# Symbole stellvertretend für "Projekte" und "Interaktiv"



## Jens B. (22. August 2004)

Moin!

Der Betreff sagt schon fast alles - ich bräcuhte Symbole, die "Projekte" oder "Interaktiv" (Chat, Spiele...) symbolisieren.

Ich habe nämlich auf meiner Homepage auf jeder Seite ein Symbol als Hintergrund, z.B. den Umriss eines Hauses für die Home-Seite und das  §  für das Impressum (weil das ja Gesetzlich vorgeschrieben ist).

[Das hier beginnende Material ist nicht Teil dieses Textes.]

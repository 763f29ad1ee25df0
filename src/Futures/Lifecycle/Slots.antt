-- ===== src/Futures/Lifecycle/Slots.antt =====
-- The two execution slots.
use zhigu.Base.{
  ℕ, ◌≤◌, ◌≡◌, Bool, true, List, count, update, count-update-le, count-update_affected, arith,
}
use native.Mathlib.Nat.{le_trans}
use zhigu.Futures.Store.{Run, Store}
use zhigu.Futures.Run.{is_active, claim_target, claim_row}
use zhigu.Futures.Lifecycle.Edits.{
  Edit, stay, claims, creates, renews, stages, fails, acknowledges, expires, completes,
  cancels_queued, requests_cancel,
}
use zhigu.Futures.Lifecycle.Steps.{Step, Step-Edit}

-- An update that makes no row active takes no slot.
keeps_slots :
    (test : Run → Bool) (f : Run → Run) (rs : List Run)
    → ((r : Run) → test r ≡ true → is_active (f r) ≡ true → is_active r ≡ true)
    → count is_active rs ≤ 2
    → count is_active (update test f rs) ≤ 2
keeps_slots test f rs keep h = le_trans (count-update-le is_active test f rs keep) h

pub Edit-slots :
    {offset : ℕ} {rs qs : List Run}
    → Edit offset rs qs
    → count is_active rs ≤ 2
    → count is_active qs ≤ 2
unfolding count
Edit-slots stay h = h
Edit-slots {rs} (claims lease_owner now run free one) h =
    omega (
      arith,
      one,
      count-update_affected is_active (claim_target run) (claim_row lease_owner now) rs,
    )
Edit-slots (creates run_id me key input draft now fresh free today) h = ground arith
Edit-slots {rs} (expires now) h =
    keeps_slots _ _ _ (λ r e p. ground arith)
      (keeps_slots _ _ _ (λ r e p. ground arith) (keeps_slots _ _ rs (λ r e p. ground arith) h))
Edit-slots {rs} (renews me run_id lease_owner generation now) h =
    keeps_slots _ _ rs (λ r e p. ground arith) h
Edit-slots {rs} (stages me run_id generation st now) h =
    keeps_slots _ _ rs (λ r e p. ground arith) h
Edit-slots {rs} (fails me run_id generation code now) h =
    keeps_slots _ _ rs (λ r e p. ground arith) h
Edit-slots {rs} (acknowledges me run_id now) h = keeps_slots _ _ rs (λ r e p. ground arith) h
Edit-slots {rs} (completes me run_id generation report now) h =
    keeps_slots _ _ rs (λ r e p. ground arith) h
Edit-slots {rs} (cancels_queued me run_id now) h = keeps_slots _ _ rs (λ r e p. ground arith) h
Edit-slots {rs} (requests_cancel me run_id now live) h =
    keeps_slots _ _ rs (λ r e p. ground arith) h

-- No transaction brings the running and verifying runs above two.
pub Step-slots :
    {offset : ℕ} {s t : Store}
    → Step offset s t
    → count is_active s.runs ≤ 2
    → count is_active t.runs ≤ 2
Step-slots st h = Edit-slots (Step-Edit st) h
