-- ===== src/Futures/Lifecycle/Quota.antt =====
-- The limits of a user: one open run, and five new ones a day by the Shanghai calendar.
use native.Mathlib.Nat.{le_trans}
use zhigu.Base.{
  ℕ, ◌+◌, ◌≤◌, ◌<◌, ◌≡◌, refl, ap, ap₂, inl, inr, Bool, true, List, ◌∷◌, String, count, update,
  count-update-le, count-update-le_known, arith, Bool-cases, eq_iff,
}
use zhigu.Futures.Store.{Run, Store, Identity, Draft}
use zhigu.Futures.Run.{owned, in_flight, request_cancel_row}
use zhigu.Futures.Create.{
  RunCreateInput, new_run, is_open, of_user, created_on, beijing_day, day_length,
}
use zhigu.Futures.Lifecycle.Edits.{
  Edit, stay, claims, creates, renews, stages, fails, acknowledges, expires, completes,
  cancels_queued, requests_cancel,
}
use zhigu.Futures.Lifecycle.Steps.{Step, Step-Edit}

-- Two identities are one if a run is of both.
of_user_only : (me you : Identity) (r : Run) → of_user me r ≡ true → of_user you r ≡ true → you ≡ me
of_user_only me you r h k = ground (arith, eq_iff r.mode me.mode, eq_iff r.mode you.mode)

keeps_open :
    (me : Identity) (test : Run → Bool) (f : Run → Run) (rs : List Run)
    → ((r : Run) → test r ≡ true → is_open me (f r) ≡ true → is_open me r ≡ true)
    → count (is_open me) rs ≤ 1
    → count (is_open me) (update test f rs) ≤ 1
keeps_open me test f rs keep h = le_trans (count-update-le (is_open me) test f rs keep) h

-- A new run is the only open one of its user.
creates-open :
    (me you : Identity) (r : Run) (rs : List Run)
    → of_user me r ≡ true
    → count (is_open me) rs ≡ 0
    → count (is_open you) rs ≤ 1
    → count (is_open you) (r ∷ rs) ≤ 1
unfolding count
creates-open me you r rs mine free h = elim (Bool-cases (of_user you r)) [
  | inl e ↦
      ground (arith, ap (λ (i : Identity). count (is_open i) rs) (of_user_only me you r mine e))
  | inr e ↦ ground arith
]

new_run-of_user :
    (run_id : String) (me : Identity) (key : String) (input : RunCreateInput) (draft : Draft)
    (now : ℕ)
    → of_user me (new_run run_id me key input draft now) ≡ true
new_run-of_user run_id me key input draft now = ground (arith, eq_iff me.mode me.mode)

Edit-open :
    {offset : ℕ} {rs qs : List Run} (you : Identity)
    → Edit offset rs qs
    → count (is_open you) rs ≤ 1
    → count (is_open you) qs ≤ 1
Edit-open you stay h = h
Edit-open {rs} you (creates run_id me key input draft now fresh free today) h =
    creates-open me you (new_run run_id me key input draft now) rs
      (new_run-of_user run_id me key input draft now) free h
Edit-open {rs} you (expires now) h =
    keeps_open you _ _ _ (λ r e p. ground arith)
      (keeps_open you _ _ _ (λ r e p. ground arith)
        (keeps_open you _ _ rs (λ r e p. ground arith) h))
Edit-open {rs} you (claims lease_owner now run free one) h =
    keeps_open you _ _ rs (λ r e p. ground arith) h
Edit-open {rs} you (renews me run_id lease_owner generation now) h =
    keeps_open you _ _ rs (λ r e p. ground arith) h
Edit-open {rs} you (stages me run_id generation st now) h =
    keeps_open you _ _ rs (λ r e p. ground arith) h
Edit-open {rs} you (fails me run_id generation code now) h =
    keeps_open you _ _ rs (λ r e p. ground arith) h
Edit-open {rs} you (acknowledges me run_id now) h = keeps_open you _ _ rs (λ r e p. ground arith) h
Edit-open {rs} you (completes me run_id generation report now) h =
    keeps_open you _ _ rs (λ r e p. ground arith) h
Edit-open {rs} you (cancels_queued me run_id now) h =
    keeps_open you _ _ rs (λ r e p. ground arith) h
Edit-open {rs} you (requests_cancel me run_id now live) h =
    le_trans
      (count-update-le_known (λ r. owned me run_id r ≡ true → in_flight r.status ≡ true)
        (is_open you) (owned me run_id) (request_cancel_row now) rs (λ r e q p. ground (arith, q e))
        live)
      h

-- No transaction gives a user a second open run.
pub Step-open :
    {offset : ℕ} {s t : Store} (you : Identity)
    → Step offset s t
    → count (is_open you) s.runs ≤ 1
    → count (is_open you) t.runs ≤ 1
Step-open you st h = Edit-open you (Step-Edit st) h

keeps_daily :
    (offset day : ℕ) (me : Identity) (test : Run → Bool) (f : Run → Run) (rs : List Run)
    → ((r : Run) → created_on offset day me (f r) ≡ true → created_on offset day me r ≡ true)
    → count (created_on offset day me) rs ≤ 5
    → count (created_on offset day me) (update test f rs) ≤ 5
keeps_daily offset day me test f rs keep h =
    le_trans (count-update-le (created_on offset day me) test f rs (λ r e. keep r)) h

-- The instants of one Shanghai day have one midnight.
beijing_day_only :
    (offset a b : ℕ)
    → beijing_day offset a ≤ b + offset
    → b + offset < beijing_day offset a + day_length
    → beijing_day offset a ≡ beijing_day offset b
beijing_day_only offset a b h k = omega arith

creates-daily :
    (offset t now : ℕ) (me you : Identity) (r : Run) (rs : List Run)
    → of_user me r ≡ true
    → r.created_at ≡ now
    → count (created_on offset (beijing_day offset now) me) rs < 5
    → count (created_on offset (beijing_day offset t) you) rs ≤ 5
    → count (created_on offset (beijing_day offset t) you) (r ∷ rs) ≤ 5
unfolding count
creates-daily offset t now me you r rs mine at today h =
    elim (Bool-cases (created_on offset (beijing_day offset t) you r)) [
      | inl e ↦
          let same : you ≡ me = of_user_only me you r mine (ground arith) in
          let day : beijing_day offset t ≡ beijing_day offset now =
            beijing_day_only offset t now (ground arith) (ground arith) in
          rw e (omega (arith, ap₂ (λ d i. count (created_on offset d i) rs) day same))
      | inr e ↦ rw e (omega arith)
    ]

Edit-daily :
    {rs qs : List Run} (offset t : ℕ) (you : Identity)
    → Edit offset rs qs
    → count (created_on offset (beijing_day offset t) you) rs ≤ 5
    → count (created_on offset (beijing_day offset t) you) qs ≤ 5
Edit-daily offset t you stay h = h
Edit-daily {rs} offset t you (creates run_id me key input draft now fresh free today) h =
    creates-daily offset t now me you (new_run run_id me key input draft now) rs
      (new_run-of_user run_id me key input draft now) refl today h
Edit-daily {rs} offset t you (expires now) h =
    keeps_daily offset _ you _ _ _ (λ r p. p)
      (keeps_daily offset _ you _ _ _ (λ r p. p) (keeps_daily offset _ you _ _ rs (λ r p. p) h))
Edit-daily {rs} offset t you (claims lease_owner now run free one) h =
    keeps_daily offset _ you _ _ rs (λ r p. p) h
Edit-daily {rs} offset t you (renews me run_id lease_owner generation now) h =
    keeps_daily offset _ you _ _ rs (λ r p. p) h
Edit-daily {rs} offset t you (stages me run_id generation st now) h =
    keeps_daily offset _ you _ _ rs (λ r p. p) h
Edit-daily {rs} offset t you (fails me run_id generation code now) h =
    keeps_daily offset _ you _ _ rs (λ r p. p) h
Edit-daily {rs} offset t you (acknowledges me run_id now) h =
    keeps_daily offset _ you _ _ rs (λ r p. p) h
Edit-daily {rs} offset t you (completes me run_id generation report now) h =
    keeps_daily offset _ you _ _ rs (λ r p. p) h
Edit-daily {rs} offset t you (cancels_queued me run_id now) h =
    keeps_daily offset _ you _ _ rs (λ r p. p) h
Edit-daily {rs} offset t you (requests_cancel me run_id now live) h =
    keeps_daily offset _ you _ _ rs (λ r p. p) h

-- Nor a sixth run on a day.
pub Step-daily :
    {offset : ℕ} {s u : Store} (t : ℕ) (you : Identity)
    → Step offset s u
    → count (created_on offset (beijing_day offset t) you) s.runs ≤ 5
    → count (created_on offset (beijing_day offset t) you) u.runs ≤ 5
Step-daily {offset} t you st h = Edit-daily offset t you (Step-Edit st) h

Ich hatte mir bereits eine Sprechblase für Interaktiv überlegt, da ich aber wahrscheinlich keinen Chat haben werde, würde sie nicht passen!

Mfg
loeff


----------



## ShadowMan (22. August 2004)

Hi du!

Mir fallen spontan 2 Dinge ein:

Projekte: Vielleicht 2 Blätter im TXT-Stil von Windows 

Interaktiv: Würden mir spontan Zahnräder einfallen, da man ja dann mitglied einer Gruppe ist und ohne ein Zahnrad läuft nichts mehr.

Lieben Gruß,
Manuel ;-]


----------



## Jens B. (22. August 2004)

Super, danke! Aber was meinst du mit



> Vielleicht 2 Blätter im TXT-Stil von Windows




Meinst du dieses "Logo" vom Editor ?


----------



## ShadowMan (22. August 2004)

Hi!

Einfach 2 Blätter mit ein paar dünnen Linien die die Schrift darstellen sollen 

Aber auf sowas hätte man auch leicht selbst kommen können oder?! *gg*
Was wären denn deine Ideen dafür gewesen oder ist dir dazu gar nichts eingefallen was du damit verbindest?

Manuel ;-]


----------



## Jens B. (23. August 2004)

Mir ist echt nichts eingefallen (ehrlich gesat versteh ich immernoch nicht, was Blätter mit Projekten zu tun haben ...  )


----------



## ShadowMan (23. August 2004)

Also ich verbinde Projekte auch mit Notizen, Skizzen usw.

Aber vielleicht fällt dir ja noch was besseres ein.

Manuel ;-]


----------